**Work required:** Where in the entries below does "IsSized" appear? Copy every line that has it.

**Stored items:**
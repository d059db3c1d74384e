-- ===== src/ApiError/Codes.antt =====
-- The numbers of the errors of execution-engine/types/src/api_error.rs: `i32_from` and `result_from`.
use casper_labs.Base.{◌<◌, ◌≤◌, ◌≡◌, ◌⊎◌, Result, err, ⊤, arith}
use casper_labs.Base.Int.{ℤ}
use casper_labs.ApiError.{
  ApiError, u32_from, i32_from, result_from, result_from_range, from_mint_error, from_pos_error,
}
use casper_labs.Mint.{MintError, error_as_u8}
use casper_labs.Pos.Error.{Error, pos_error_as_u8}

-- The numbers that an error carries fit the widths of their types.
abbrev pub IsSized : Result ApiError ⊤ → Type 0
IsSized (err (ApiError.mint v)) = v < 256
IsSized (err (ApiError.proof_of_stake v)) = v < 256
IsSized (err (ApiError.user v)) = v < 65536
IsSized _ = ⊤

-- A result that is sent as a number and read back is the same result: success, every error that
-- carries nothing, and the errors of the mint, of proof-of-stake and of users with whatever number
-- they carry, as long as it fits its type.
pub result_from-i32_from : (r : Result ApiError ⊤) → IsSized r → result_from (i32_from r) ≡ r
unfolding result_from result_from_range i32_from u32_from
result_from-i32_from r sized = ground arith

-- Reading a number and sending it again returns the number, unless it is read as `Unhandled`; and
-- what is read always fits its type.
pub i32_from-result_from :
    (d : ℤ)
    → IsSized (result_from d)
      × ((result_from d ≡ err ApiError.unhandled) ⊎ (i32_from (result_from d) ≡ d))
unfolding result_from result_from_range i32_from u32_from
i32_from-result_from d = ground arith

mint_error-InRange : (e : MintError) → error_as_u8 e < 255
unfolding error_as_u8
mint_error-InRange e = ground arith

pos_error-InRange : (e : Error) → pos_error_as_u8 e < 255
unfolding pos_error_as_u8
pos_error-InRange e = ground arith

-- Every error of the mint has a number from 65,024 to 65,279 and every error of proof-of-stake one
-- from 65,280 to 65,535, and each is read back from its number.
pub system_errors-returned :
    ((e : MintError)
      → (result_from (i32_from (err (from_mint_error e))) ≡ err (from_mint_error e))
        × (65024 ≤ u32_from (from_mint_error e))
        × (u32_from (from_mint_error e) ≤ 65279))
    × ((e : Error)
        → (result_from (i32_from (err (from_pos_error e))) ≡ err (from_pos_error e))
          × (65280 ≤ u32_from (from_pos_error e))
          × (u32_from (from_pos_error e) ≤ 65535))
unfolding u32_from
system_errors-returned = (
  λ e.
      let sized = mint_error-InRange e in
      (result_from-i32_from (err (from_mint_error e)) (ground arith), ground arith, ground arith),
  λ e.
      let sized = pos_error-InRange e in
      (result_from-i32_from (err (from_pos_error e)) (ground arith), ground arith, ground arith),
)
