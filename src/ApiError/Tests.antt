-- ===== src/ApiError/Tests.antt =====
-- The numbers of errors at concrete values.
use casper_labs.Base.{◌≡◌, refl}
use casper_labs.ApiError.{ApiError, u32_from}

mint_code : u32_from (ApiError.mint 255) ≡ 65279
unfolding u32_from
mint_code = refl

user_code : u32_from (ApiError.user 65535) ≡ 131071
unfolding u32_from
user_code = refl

**Solution to the exercise:**
abbrev pub IsSized : Result ApiError ⊤ → Type 0
IsSized (err (ApiError.mint v)) = v < 256
IsSized (err (ApiError.proof_of_stake v)) = v < 256
IsSized (err (ApiError.user v)) = v < 65536
IsSized _ = ⊤
pub result_from-i32_from : (r : Result ApiError ⊤) → IsSized r → result_from (i32_from r) ≡ r
    → IsSized (result_from d)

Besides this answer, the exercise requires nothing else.